She spoke of her children, displaying a tender affection for them. ‘“Sir,” she said to me, “I have not asked to see them; that would only have upset both them and me. I beseech you to be a mother to them.”’ Pirot replied that it was the Virgin who would serve them as mother, and that the marchioness should pray to her to maintain them in purity and humility all their life long. From the first, Pirot had probed his fair prisoner’s character to the bottom. ‘Ah!’ she said, interrupting him, ‘those are grand virtues! Do you know that, humbled though I be by my hapless present state, yet I do not feel humble enough? I am still attached to this world’s glory, and it is hard to bear the shame with which I am loaded.’ And to the priest’s remarks she replied: ‘I tell myself all that when I reflect, but that does not prevent feelings of pride and glory sometimes passing through my mind, as they are natural to me.’ And she added words that must have terrified the unhappy priest: ‘At this present hour in which I speak to you, there are still moments when I cannot regret having known the man (Sainte-Croix) whose acquaintance has been so fatal to me, or hate his friendship which is so dire to me and has brought upon me so many misfortunes.’
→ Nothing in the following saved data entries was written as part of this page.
module _ (c : Setting) (quiet : IsQuiet c) (k : Key) (v : ℕ)
    (alone : (n : ℕ) → get_combining_value k v (c.lock_node n) ≡ (false, v)) where
  -- The lock is free, so the leaf is written in one round.
  update_in_place_lem :
      (rounds : ℕ) (a : GlobalAddress) (w : World)
      → (w.memory.leaves a).key ≡ k
      → (w.memory.leaves a).w_lock ≡ 0
      → (w' : World) × ((update_in_place c (suc rounds) k v a (w.memory.leaves a) w ≡ some w')
          × IsUpdate c k v w.memory w'.memory
          × ((w'.memory.leaves a).key ≡ k)
          × ((w'.memory.leaves a).value ≡ v))
  unfolding update_in_place send written_leaf unlock set_consistent set_value
  update_in_place_lem rounds a w own free =
      let w1 = turn c w in
      let l = lock (w1.memory.leaves a) in
      let same = turn_memory c quiet w in
      let got : acquire_lock (w1.memory.leaves a) ≡ (true, l) =
        acquired (w1.memory.leaves a) (ap (λ m. (m.leaves a).w_lock) same ∙ free) in
      let locked = record w1 { memory = put_leaf w1.memory a l } in
      let new = written_leaf c.crc v (w.memory.leaves a) in
      let same' : (turn c locked).memory ≡ put_leaf w.memory a l =
        turn_memory c quiet locked ∙ ap (λ m. put_leaf m a l) same in
      let here = eq_address_refl a in
      (
        send c (λ m. put_leaf m a new) locked,
        (
          rw (got, alone locked.clock) refl,
          subst (λ m. IsUpdate c k v w.memory (put_leaf m a new)) (sym same')
              (put_leaf-IsUpdate c k v w.memory a l own),
          rw here own,
          rw here refl,
        ),
      )

  -- A round at the leaf of the key.
  on_leaf_lem :
      (rounds depth : ℕ) (leaf_addr : GlobalAddress) (place : Place) (p : InternalEntry) (w : World)
      → (w.memory.leaves (addr_of p)).key ≡ k
      → (w.memory.leaves (addr_of p)).w_lock ≡ 0
      → (w' : World) × ((on_leaf c k
              (suc rounds)
              false
              (w.memory.leaves (addr_of p))
              (at v leaf_addr place p depth w)
            ≡ finished w')
          × IsUpdate c k v w.memory w'.memory
          × ((w'.memory.leaves (addr_of p)).key ≡ k)
          × ((w'.memory.leaves (addr_of p)).value ≡ v))
  unfolding on_leaf
  on_leaf_lem rounds depth leaf_addr place p w own free =
      let l = w.memory.leaves (addr_of p) in
      let mine : eq_key l.key k ≡ true = rw own (eq_key_refl k) in
      elim (Bool-cases (l.value == v)) [
        | inl old ↦ (
          w,
          (
            rw (on_leaf, mine, alone w.clock, old) refl,
            record { pages_eq = refl; root_eq = refl; leaves_eq = λ a. kept refl },
            own,
            (==_iff l.value v).0 old,
          ),
        )
        | inr other ↦
            let (w', (run, upd, own', value)) = update_in_place_lem rounds (addr_of p) w own free in
            (
              w',
              (rw (on_leaf, mine, alone w.clock, other, alone w.clock, run) refl, upd, own', value),
            )
      ]

  -- A round below a node goes on as a search for the key does.
  at_node_lem :
      (n rounds : ℕ) (leaf_addr : GlobalAddress) (place : Place) (depth : ℕ) (p : InternalEntry)
      (w : World) {u : ℕ}
      → IsKey k
      → eq_entry p Entry.null ≡ false
      → p.is_leaf ≡ false
      → IsNodeAt c w.memory place depth p
      → value_at (suc n) w.memory k p ≡ some u
      → (i : ℕ) × ((i < node_type_to_num (type_of p))
          × ((insert_round c k rounds false (at v leaf_addr place p depth w)
                ≡ next (
                    at v leaf_addr
                      (slot (addr_of p) i)
                      (get_or (w.memory.pages (addr_of p)).records i Entry.null)
                      ((w.memory.pages (addr_of p)).hdr.depth
                        + (w.memory.pages (addr_of p)).hdr.partial_len
                        + 1)
                      (turn c w)))
              × ((m : Memory)
                  → m.pages ≡ w.memory.pages
                  → value_at (suc n) m k p
                    ≡ value_at n m k (get_or (w.memory.pages (addr_of p)).records i Entry.null))))
  unfolding at_node at_header in_node
  at_node_lem n rounds leaf_addr place depth p w {u} key e l h has =
      let page = w.memory.pages (addr_of p) in
      let end = page.hdr.depth + page.hdr.partial_len in
      let fit : end ≤ 8 = omega (arith, h.depth_eq, h.end_le) in
      let (r, found, _, _, _) = mismatch_lem k page.hdr key fit in
      let byte = get_partial-partial k end (omega (arith, key.size)) in
      let read = read_node_lem c quiet place depth p w h in
      let below = sym (value_at-node n w.memory k p e l) ∙ has in
      elim (Bool-cases (ltb r page.hdr.partial_len)) [
        | inl off ↦ none-some (sym (rw (value_in, found, off) refl) ∙ below)
        | inr on ↦
            elim (Option-cases
              (find_slot page.records (partial k end) 0 (node_type_to_num (type_of p)))) [
                | inl missing ↦
                    none-some (sym (rw (value_in, found, on, byte, missing) refl) ∙ below)
                | inr (i, hit) ↦ (
                  i,
                  (
                    omega (
                      arith,
                      find_slot-lt page.records (partial k end) 0 (node_type_to_num (type_of p))
                          hit,
                    ),
                    (
                      insert_round-node c k rounds false v leaf_addr place depth p w e l
                          ∙ rw (read, at_node, at_header, found, on, in_node, byte, hit) refl,
                      λ m same.
                          value_at-node n m k p e l
                          ∙ (ap (λ f. value_in n m k p (f (addr_of p))) same
                              ∙ rw (value_in, found, on, byte, hit) refl),
                    ),
                  ),
                )
              ]
      ]

  -- An insertion below a place of a tree that has the key ends, and updates its leaf.
  insert_from_lem :
      (rounds : ℕ) (leaf_addr : GlobalAddress) (place : Place) (depth : ℕ) (p : InternalEntry)
      (w : World) {u : ℕ}
      → IsKey k
      → IsTree c w.memory place depth p
      → depth ≤ 9
      → 11 ≤ rounds + depth
      → value_at rounds w.memory k p ≡ some u
      → (w' : World) × ((insert_from c k rounds false (at v leaf_addr place p depth w) ≡ some w')
          × (IsUpdate c k v w.memory w'.memory × (value_at rounds w'.memory k p ≡ some v)))
  unfolding insert_from at_leaf
  insert_from_lem zero leaf_addr place depth p w key t le enough has = absurd (omega arith)
  insert_from_lem (suc rounds) leaf_addr place depth p w key (nothing e) le enough has =
      none-some (sym (value_at-null rounds w.memory k p e) ∙ has)
  insert_from_lem (suc zero) leaf_addr place depth p w key (leaf e l h) le enough has =
      absurd (omega arith)
  insert_from_lem (suc (suc rounds)) leaf_addr place depth p w key (leaf e l h) le enough has =
      let own =
        found_key (w.memory.leaves (addr_of p)) k
          (sym (value_at-leaf (suc rounds) w.memory k p e l) ∙ has) in
      let same = turn_memory c quiet w in
      let (w', (run, upd, own', value)) =
        on_leaf_lem rounds depth leaf_addr place p (turn c w)
          (ap (λ m. (m.leaves (addr_of p)).key) same ∙ own)
          (ap (λ m. (m.leaves (addr_of p)).w_lock) same ∙ h.free) in
      let here : insert_round c k (suc rounds) false (at v leaf_addr place p depth w)
          ≡ finished w' =
        insert_round-leaf c k (suc rounds) false v leaf_addr place depth p w e l
        ∙ rw (read_leaf_at_lem c quiet rounds place p w h, at_leaf)
            (ap
                (λ m.
                  on_leaf c k (suc rounds) false (m.leaves (addr_of p))
                    (at v leaf_addr place p depth (turn c w)))
                (sym same)
              ∙ run) in
      (
        w',
        (
          rw (insert_from, here) refl,
          (
            subst (λ m. IsUpdate c k v m w'.memory) same upd,
            value_at-leaf (suc rounds) w'.memory k p e l ∙ rw (own', eq_key_refl k, value) refl,
          ),
        ),
      )
  insert_from_lem (suc rounds) leaf_addr place depth p w key (node e l h below) le enough has =
      let (i, (lt, (run, down))) =
        at_node_lem rounds rounds leaf_addr place depth p w key e l h has in
      let same = turn_memory c quiet w in
      let sub = get_or (w.memory.pages (addr_of p)).records i Entry.null in
      let end =
        (w.memory.pages (addr_of p)).hdr.depth + (w.memory.pages (addr_of p)).hdr.partial_len in
      let t : IsTree c w.memory (slot (addr_of p) i) (end + 1) sub = rw h.depth_eq (below i lt) in
      let (w', (run', (upd, value))) =
        insert_from_lem rounds leaf_addr (slot (addr_of p) i) (end + 1) sub (turn c w) key
          (subst (λ m. IsTree c m (slot (addr_of p) i) (end + 1) sub) (sym same) t)
          (omega (arith, h.depth_eq, h.end_le)) (omega (arith, h.depth_eq))
          (ap (λ m. value_at rounds m k sub) same ∙ (sym (down w.memory refl) ∙ has)) in
      let upd' = subst (λ m. IsUpdate c k v m w'.memory) same upd in
      (w', (rw (insert_from, run) run', (upd', down w'.memory upd'.pages_eq ∙ value)))

  -- In a memory that no one else works on, with no value to combine, the insertion of a key that the tree has ends within
  -- ten rounds. The tree is a tree still; the key has the value, and any other key has what it had.
  pub insert_key_lem :
      (rounds : ℕ) (w : World) {u : ℕ}
      → IsKey k
      → IsTree c w.memory root 1 w.memory.root_entry
      → 10 ≤ rounds
      → value_at rounds w.memory k w.memory.root_entry ≡ some u
      → (w' : World) × ((insert_key c k rounds false v w ≡ some w')
          × (IsTree c w'.memory root 1 w'.memory.root_entry
              × ((j : Key)
                  → value_at rounds w'.memory j w'.memory.root_entry ≡ (
                      if eq_key k j
                      then some v
                      else value_at rounds w.memory j w.memory.root_entry))))
  unfolding insert_key read_entry entry_at
  insert_key_lem rounds w {u} key t enough has =
      let same = turn_memory c quiet w in
      let p = (turn c w).memory.root_entry in
      let (w', (run, (upd', value))) =
        insert_from_lem rounds Address.null root 1 p (turn c w) key
          (subst (λ m. IsTree c m root 1 m.root_entry) (sym same) t) (omega arith) (omega arith)
          (ap (λ m. value_at rounds m k m.root_entry) same ∙ has) in
      let upd = subst (λ m. IsUpdate c k v m w'.memory) same upd' in
      let mine : value_at rounds w'.memory k w'.memory.root_entry ≡ some v =
        ap (λ e. value_at rounds w'.memory k e) upd'.root_eq ∙ value in
      (
        w',
        (
          run,
          (
            update-IsTree c k v w.memory w'.memory upd t,
            λ j. elim (Bool-cases (eq_key k j)) [
              | inl own ↦
                  ap (λ x. value_at rounds w'.memory x w'.memory.root_entry)
                    (sym (eq_key→eq k j own))
                  ∙ (mine ∙ rw own refl)
              | inr other ↦
                  ap (λ e. value_at rounds w'.memory j e) upd.root_eq
                  ∙ (value_at-others c k v w.memory w'.memory j rounds w.memory.root_entry upd other
                      ∙ rw other refl)
            ],
          ),
        ),
      )

  -- In a memory that no one else works on and with no value to combine, the insertion of a key that the
  -- tree at the root has, and a search of any key before and after it: each ends within ten rounds. The
  -- search after it gives the value inserted if its key is the one inserted, and otherwise what the
  -- search before gave.
  pub insert_key-search :
      (rounds : ℕ) (w : World) (j : Key) {u : ℕ}
      → IsKey k
      → IsKey j
      → IsTree c w.memory root 1 w.memory.root_entry
      → 10 ≤ rounds
      → value_at rounds w.memory k w.memory.root_entry ≡ some u
      → (before : Option ℕ) × (w0 : World) × (w1 : World) × (w2 : World) × ((search c rounds j w
            ≡ some (before, w0))
          × ((insert_key c k rounds false v w ≡ some w1)
              × (search c rounds j w1 ≡ some ((if eq_key k j then some v else before), w2))))
  insert_key-search rounds w j key key' t enough has =
      let (w0, (run, _)) =
        search-value_at c quiet j rounds w key' t
          (root_there rounds w.memory k w.memory.root_entry has) enough in
      let (w1, (done, (t', values))) = insert_key_lem rounds w key t enough has in
      let has' : value_at rounds w1.memory k w1.memory.root_entry ≡ some v =
        values k ∙ rw (eq_key_refl k) refl in
      let (w2, (run', _)) =
        search-value_at c quiet j rounds w1 key' t'
          (root_there rounds w1.memory k w1.memory.root_entry has') enough in
      (
        value_at rounds w.memory j w.memory.root_entry,
        w0,
        w1,
        w2,
        (run, (done, run' ∙ ap (λ x. some (x, w2)) (values j))),
      )
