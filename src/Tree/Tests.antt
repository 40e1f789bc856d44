-- ===== src/Tree/Tests.antt =====
-- A tree of one node and two leaves, in a memory that no one else works on.
use hybrid_heterogeneous_mem.Prelude.{
  ℕ, zero, suc, sym, ap, ◌∙◌, subst, none, ◌⊎◌, ◌↔◌, inl, inr, ◌+◌, ◌*◌, ◌<◌, ◌≡◌, refl, false,
  Option, some, [], ◌∷◌, replicate, arith, if◌then◌else◌, get_or,
}
use hybrid_heterogeneous_mem.Address.{GlobalAddress, gadd, eq_address}
use hybrid_heterogeneous_mem.Key.{Key, IsKey, get_partial}
use hybrid_heterogeneous_mem.LockTable.Slot.{eq_key, new}
use hybrid_heterogeneous_mem.LockTable.Write.{get_combining_value}
use hybrid_heterogeneous_mem.Node.Types.{node_type_to_num}
use hybrid_heterogeneous_mem.Node.Header.{mismatch}
use hybrid_heterogeneous_mem.Node.Entry.{
  InternalEntry, eq_entry, val, leaf_entry, node_entry, addr_of, type_of,
}
use hybrid_heterogeneous_mem.Node.Entry
use hybrid_heterogeneous_mem.Node.Page.{InternalPage}
use hybrid_heterogeneous_mem.Leaf.{Leaf, make_leaf, is_consistent}
use hybrid_heterogeneous_mem.Tree.Memory.{Place, root, slot, place_addr, Memory}
use hybrid_heterogeneous_mem.Tree.Client.{World, Setting, find_slot}
use hybrid_heterogeneous_mem.Key.Prefix.{partial}
use hybrid_heterogeneous_mem.Node.Header.Match.{Follows}
use hybrid_heterogeneous_mem.Tree.Slots.{IsOf}
use hybrid_heterogeneous_mem.Tree.Holds.{
  Below, here, down, Below-there, Below-leaf, Holds, IsSorted, IsRadix,
}
use hybrid_heterogeneous_mem.Tree.Search.{search}
use hybrid_heterogeneous_mem.Tree.Insert.{insert_key}
use hybrid_heterogeneous_mem.Tree.Shape.{value_at, IsTree, nothing, leaf, node}
use hybrid_heterogeneous_mem.Tree.Lookup.{search_lem}
use hybrid_heterogeneous_mem.Tree.Update.{insert_key-search}

abbrev pub key : Key
key = 7 ∷ 1 ∷ 2 ∷ 3 ∷ 4 ∷ 5 ∷ 6 ∷ 8 ∷ []

abbrev pub other : Key
other = 7 ∷ 1 ∷ 9 ∷ 3 ∷ 4 ∷ 5 ∷ 6 ∷ 8 ∷ []

abbrev pub at_unit : ℕ → GlobalAddress
at_unit n = record { node_id = 1; offset = n * 256 }

abbrev pub crc : Key → ℕ → ℕ
crc k v = v

abbrev pub setting : Setting
setting = record {
  env = λ n m. m;
  fresh = λ n. at_unit (n + 9);
  lock_node = λ n. new false 0 0;
  crc = crc;
  stale = λ n. replicate 6 0;
  root_ptr_ptr = at_unit 0;
}

abbrev pub page : InternalPage
page = record {
  rev_ptr = at_unit 0;
  hdr = record { depth = 1; node_type = 1; partial_len = 2; partial = 7 ∷ 1 ∷ 0 ∷ 0 ∷ 0 ∷ 0 ∷ [] };
  records = leaf_entry 2 34 (at_unit 2) ∷ leaf_entry 9 34 (at_unit 3) ∷ replicate 254 Entry.null;
}

abbrev pub first_leaf : Leaf
first_leaf = make_leaf crc key 50 (gadd (at_unit 1) 16)

abbrev pub second_leaf : Leaf
second_leaf = make_leaf crc other 60 (gadd (at_unit 1) 24)

abbrev pub memory : Memory
memory = record {
  root_entry = node_entry 0 1 (at_unit 1);
  pages = λ a. page;
  leaves = λ a. if eq_address a (at_unit 2) then first_leaf else second_leaf;
}

abbrev pub world : World
world = record { memory = memory; clock = 0; allocated = 0 }

pub key-IsKey : IsKey key
key-IsKey = record { size = refl; bytes = omega arith }

pub other-IsKey : IsKey other
other-IsKey = record { size = refl; bytes = omega arith }

first-IsTree : IsTree setting memory (slot (at_unit 1) 0) 4 (leaf_entry 2 34 (at_unit 2))
unfolding leaf_entry eq_entry Entry.null make_leaf addr_of place_addr gadd is_consistent eq_address
first-IsTree =
    leaf refl refl (record { rev_ptr = refl; valid = refl; consistent = refl; free = refl })

second-IsTree : IsTree setting memory (slot (at_unit 1) 1) 4 (leaf_entry 9 34 (at_unit 3))
unfolding leaf_entry eq_entry Entry.null make_leaf addr_of place_addr gadd is_consistent eq_address
second-IsTree =
    leaf refl refl (record { rev_ptr = refl; valid = refl; consistent = refl; free = refl })

null-IsTree : {place : Place} {depth : ℕ} → IsTree setting memory place depth Entry.null
unfolding eq_entry Entry.null
null-IsTree = nothing refl

slots-IsTree :
    (i : ℕ)
    → i < 4
    → IsTree setting memory (slot (at_unit 1) i) 4 (get_or page.records i Entry.null)
slots-IsTree zero lt = first-IsTree
slots-IsTree (suc zero) lt = second-IsTree
slots-IsTree (suc (suc zero)) lt = null-IsTree
slots-IsTree (suc (suc (suc zero))) lt = null-IsTree
slots-IsTree (suc (suc (suc (suc i)))) lt = absurd (omega arith)

memory-IsTree : IsTree setting memory root 1 memory.root_entry
unfolding node_entry eq_entry Entry.null addr_of type_of place_addr node_type_to_num
memory-IsTree =
    node refl refl
      (record {
        rev_ptr = refl;
        depth_eq = refl;
        type_eq = refl;
        type_pos = omega arith;
        type_le = omega arith;
        path_le = omega arith;
        path_size = refl;
        end_le = omega arith;
        slots = refl;
      })
      slots-IsTree

-- Before the insertion the key has a value.
key-value_at : value_at 10 memory key memory.root_entry ≡ some 50
unfolding value_at eq_entry node_entry Entry.null mismatch get_partial find_slot node_type_to_num
    type_of leaf_entry eq_key eq_address addr_of make_leaf
key-value_at = refl

memory-some : eq_entry memory.root_entry Entry.null ≡ false
unfolding eq_entry node_entry Entry.null
memory-some = refl

nothing_combined : (n : ℕ) → get_combining_value key 70 (setting.lock_node n) ≡ (false, 70)
unfolding get_combining_value new
nothing_combined n = refl

page_path : Follows key page.hdr 0 2
unfolding partial
page_path zero low lt = refl
page_path (suc zero) low lt = refl
page_path (suc (suc j)) low lt = absurd (omega arith)

other_path : Follows other page.hdr 0 2
unfolding partial
other_path zero low lt = refl
other_path (suc zero) low lt = refl
other_path (suc (suc j)) low lt = absurd (omega arith)

-- The bytes of the two slots that are in use.
used_slots :
    (i byte : ℕ)
    → i < 4
    → IsOf page.records byte i
    → ((i ≡ 0) × (byte ≡ 2)) ⊎ ((i ≡ 1) × (byte ≡ 9))
unfolding leaf_entry eq_entry Entry.null
used_slots zero byte lt h = inl (refl, sym h.partial)
used_slots (suc zero) byte lt h = inr (refl, sym h.partial)
used_slots (suc (suc zero)) byte lt h = absurd (let p = h.present in cc)
used_slots (suc (suc (suc zero))) byte lt h = absurd (let p = h.present in cc)
used_slots (suc (suc (suc (suc i)))) byte lt h = absurd (omega arith)

slot_keys :
    (i : ℕ) (k : Key) (v : ℕ)
    → i < 4
    → Holds memory (get_or page.records i Entry.null) k v
    → Follows k page.hdr 0 2 × (partial k 3 ≡ (get_or page.records i Entry.null).partial)
unfolding leaf_entry eq_entry Entry.null make_leaf partial addr_of eq_address
slot_keys zero k v lt (q, b, stored) =
    let same = Below-leaf b refl in
    let is_key : key ≡ k = ap (λ x. (memory.leaves (addr_of x)).key) same ∙ stored.key in
    subst (λ x. Follows x page.hdr 0 2 × (partial x 3 ≡ 2)) is_key (page_path, refl)
slot_keys (suc zero) k v lt (q, b, stored) =
    let same = Below-leaf b refl in
    let is_other : other ≡ k = ap (λ x. (memory.leaves (addr_of x)).key) same ∙ stored.key in
    subst (λ x. Follows x page.hdr 0 2 × (partial x 3 ≡ 9)) is_other (other_path, refl)
slot_keys (suc (suc zero)) k v lt (q, b, stored) = absurd (let p = Below-there b stored.there in cc)
slot_keys (suc (suc (suc zero))) k v lt (q, b, stored) =
    absurd (let p = Below-there b stored.there in cc)
slot_keys (suc (suc (suc (suc i)))) k v lt held = absurd (omega arith)

root-IsSorted : IsSorted memory memory.root_entry
unfolding node_type_to_num type_of node_entry
root-IsSorted = record {
  distinct = λ i j byte lt lt' h h'. elim (used_slots i byte lt h) [
    | inl (first, two) ↦ elim (used_slots j byte lt' h') [
      | inl (first', two') ↦ first ∙ sym first'
      | inr (second', nine') ↦ absurd (omega (arith, two, nine'))
    ]
    | inr (second, nine) ↦ elim (used_slots j byte lt' h') [
      | inl (first', two') ↦ absurd (omega (arith, two', nine))
      | inr (second', nine') ↦ second ∙ sym second'
    ]
  ];
  keys = slot_keys;
}

-- No node is below a slot of the root.
slots_have_no_node :
    (q : InternalEntry) (i : ℕ)
    → i < 4
    → eq_entry q Entry.null ≡ false
    → q.is_leaf ≡ false
    → Below memory q (get_or page.records i Entry.null)
    → IsSorted memory q
unfolding leaf_entry eq_entry Entry.null
slots_have_no_node q zero lt there not_leaf b =
    absurd (let l = ap (λ x. x.is_leaf) (Below-leaf b refl) in cc)
slots_have_no_node q (suc zero) lt there not_leaf b =
    absurd (let l = ap (λ x. x.is_leaf) (Below-leaf b refl) in cc)
slots_have_no_node q (suc (suc zero)) lt there not_leaf b =
    absurd (let p = Below-there b there in cc)
slots_have_no_node q (suc (suc (suc zero))) lt there not_leaf b =
    absurd (let p = Below-there b there in cc)
slots_have_no_node q (suc (suc (suc (suc i)))) lt there not_leaf b = absurd (omega arith)

memory-IsRadix : IsRadix memory memory.root_entry
unfolding node_type_to_num type_of node_entry
memory-IsRadix q (here same) there not_leaf = subst (IsSorted memory) same root-IsSorted
memory-IsRadix q (down i some_node root_node lt b) there not_leaf =
    slots_have_no_node q i lt there not_leaf b

search_lem_example :
    (r : Option ℕ) × (w' : World) × ((search setting 10 other world ≡ some (r, w'))
      × (w'.memory ≡ world.memory)
      × ((v : ℕ) → (r ≡ some v) ↔ Holds world.memory world.memory.root_entry other v)
      × ((r ≡ none) ↔ ((v : ℕ) → ¬ Holds world.memory world.memory.root_entry other v)))
search_lem_example =
    search_lem setting (λ n m. refl) other 10 world other-IsKey memory-IsTree memory-IsRadix
      memory-some (omega arith)

insert_key-search_example :
    (before : Option ℕ) × (w0 : World) × (w1 : World) × (w2 : World) × ((search setting 10 other
          world
        ≡ some (before, w0))
      × ((insert_key setting key 10 false 70 world ≡ some w1)
          × (search setting 10 other w1
              ≡ some ((if eq_key key other then some 70 else before), w2))))
insert_key-search_example =
    insert_key-search setting (λ n m. refl) key 70 nothing_combined 10 world other {u = 50}
      key-IsKey other-IsKey memory-IsTree (omega arith) key-value_at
Pirot supped that evening with the prisoner; then, when night had fallen, he withdrew, promising to return in the morning. He was in great agitation, and on reaching his apartment he had recourse to his breviary. ‘The image of the lady I had seen all day so powerfully possessed me that I could hardly attend to what I was reading: it seemed to me that I was for nearly half an hour circling round Domine, labia mea aperies, returning always to where I had begun. At last, seeing that I must get on, I applied myself a little more diligently to my reading, so as to be less distracted by this idea. But in spite of all my close attention, I was quite three hours in reciting my office.’
He has described at length his sleeplessness, the thoughts that crowded upon his mind, the anguish which choked him: ‘I got no sleep at all. Those who know the delicacy of my nature, how sensitive I am to the misery and pain I see in persons who are indifferent to me, will have no difficulty in realising the depth of my sorrow for a lady whom I had seen so afflicted, and who was so near to my heart by reason of the interest I was bound to take in the salvation of the soul intrusted to me.’ Stretching out his clasped hands towards heaven, he cried: ‘O God, I am greatly concerned for her whose salvation is as dear to me as my own; I die every moment for her, and all the reward I ask in the conflict I have to maintain with her before she closes her career is to see her crowned with Thee!’
In the morning Pirot returned to the prisoner. ‘I was taken up the tower, where I found Father de Chevigny in tears as he closed a prayer with the lady, who greeted me with the same courage that I had seen in her on the previous evening.’
Madame de Brinvilliers has slept as peacefully as a child.
One of the first questions she put to her confessor related to a fear which had arisen in her mind, and the thought of which gave her much torture. ‘Sir,’ she said to me, ‘you gave me yesterday some hope that I might be saved, but I cannot have the presumption to promise myself that that will be till after a long time in purgatory. How shall I know whether I am in purgatory or hell?’ Pirot reassured her.
Soon afterwards a message came that Madame de Brinvilliers was to descend to hear her sentence read. ‘She was prepared for death and torture; but she had not thought of the public penance or of the fire. She answered fearlessly, “In a moment, but just now we are finishing our conversation, this gentleman and I.” We shortly finished our talk in great serenity.’
On leaving the prisoner, Pirot betook himself to the chapel of the Conciergerie. ‘I said mass for her, and went into the jailer’s room. I found him there, and he told me that he had accompanied her to the torture-chamber, and that after her sentence had been read, when the executioner approached to seize her, she looked him up and down without saying a word, and seeing a rope in his hand, she offered him her hands already clasped. I learned after dinner from the procurator-general that she had been agitated at the reading of her sentence, and that she got it read a second time.’
The sentence was dated July 16, 1676:—
‘The court has declared and declares the said d’Aubray de Brinvilliers duly accused and convicted of having poisoned Maître Dreux d’Aubray her father, and the said d’Aubray, civil lieutenant and counsellor in the said court, her brothers, and for reparation has condemned and condemns the said d’Aubray de Brinvilliers to do public penance before the principal door of the church of Paris, where she will be taken in a cart, bare-footed, a rope on her neck, holding in her hands a lighted torch of two pounds weight, and there on her knees to say and declare that wickedly, from revenge and to have their property, she has poisoned her father and two brothers, and attempted the life of her late sister, of which she repents, and asks pardon of God, the king, and justice; this done, to be led and conducted in the said cart to the Place de Grève of this city, to have her head cut off there on a scaffold, which will be erected for that purpose on the said place; her body to be burned, and her ashes thrown to the winds: the question ordinary and extraordinary to be first applied in order to obtain revelation of her accomplices.’